# Tripletail recipes?



## SHunter

How are some good ways to cook tripletail?


----------



## Chris V

There is no wrong way. I like them grilled or broiled best with a light seasoning


----------



## sel1005

They are also good if you cook them on a cedar plank. I used to just use it on salmon before I learned how good any fish cooked on it was. I marinade for an hour in a bit of soy and ginger, maybe sprinkle some paprika on it. Don't add lemon juice or the acid will start to cook it while its marinating. Take your soaked cedar plank and cover it in thin sliced lemons or oranges. Lay the fish on top. takes about 15-20 min max, but the combination of citrus and smoke will give it an awesome flavor


----------



## SHunter

Thanks.

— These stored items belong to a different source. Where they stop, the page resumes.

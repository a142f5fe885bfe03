-- ===== src/Cluster/InternalLb/Reconciled.antt =====
-- pkg/cluster/internallb.go: for which nodes the ConfigMap says that the load balancer is updated.
use ekco.Prelude.{◌≡◌, List, ◌∷◌, arith, ◌==◌, if◌then◌else◌, lookup}
use ekco.Errors.{wrapped, ok, err}
use ekco.Kube.{Node, ConfigMap, Call, Trace, Env}
use ekco.Cluster.Config.{ControllerConfig}
use ekco.Cluster.Storage.{value_or_empty}
use ekco.Cluster.InternalLb.{
  update_internal_lb_value, next_internal_lb, update_internal_lb, reconcile_internal_lb, noted,
}

module _ (cfg : ControllerConfig) (nodes : List Node) (env : Env) (t : Trace) where
  abbrev pub read_map : Call
  read_map = Call.get_config_map cfg.host_task_namespace update_internal_lb_value

  abbrev pub record_map : ConfigMap → Call
  record_map cm = Call.update_config_map cfg.host_task_namespace (noted (next_internal_lb nodes) cm)

  module _ (cm : ConfigMap)
      (found : env.answer (Call.get_config_map cfg.host_task_namespace update_internal_lb_value) t
        ≡ ok cm) where
    -- If the ConfigMap is read: where it names these nodes already, nothing is done; else the update
    -- runs, its error is returned and then nothing is recorded, and only after an update without an
    -- error the nodes are recorded, as the last call.
    pub reconcile_internal_lb-recorded : reconcile_internal_lb cfg nodes env t ≡ (
        let read = Call.get_config_map cfg.host_task_namespace update_internal_lb_value ∷ t in
        let (r, u) = update_internal_lb cfg nodes env read in
        let record_it =
          Call.update_config_map cfg.host_task_namespace (noted (next_internal_lb nodes) cm) in
        if next_internal_lb nodes == value_or_empty (lookup update_internal_lb_value cm.contents)
        then (ok tt, read)
        else elim r [
          | err e ↦ (err e, u)
          | ok _ ↦ (
            elim (env.answer record_it u) [
              | ok a ↦ ok a
              | err e ↦ err (wrapped "update configmap" e)
            ],
            record_it ∷ u,
          )
        ])
    unfolding reconcile_internal_lb
    reconcile_internal_lb-recorded = ground arith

I have never tried cedar plank but the ingredients you use sounds like something I would like. Do you put any oil in the marinade or is it just soy and I'm guessing fresh grated ginger?


----------



## SHunter

Chris, when you say light seasoning do you mean salt/pepper? Or, is there a particular seasoning that you prefer?


----------



## sel1005

I usually rub any natural cut of meat, fish, chicken, steak, whatever, in olive oil. Then a bit of soy and maybe some Lea and Perrins but not any other liquids. I discovered fresh ginger in a tube at Publix in the produce section, lasts for months and is awesome, no need to grate anymore. Oh, and I like to cook around 400-425 degrees with a plank, no more. Too hot and it starts to char instead of smoke, too low and it just doesn't firm up. Another marinade I like is to mix brown sugar, honey and ginger, rub that on any fish and let it sit for an hour or so. Toss on a grill at 450 and in about 10 min you will have a very tasty dinner. Especially good on cobia.


----------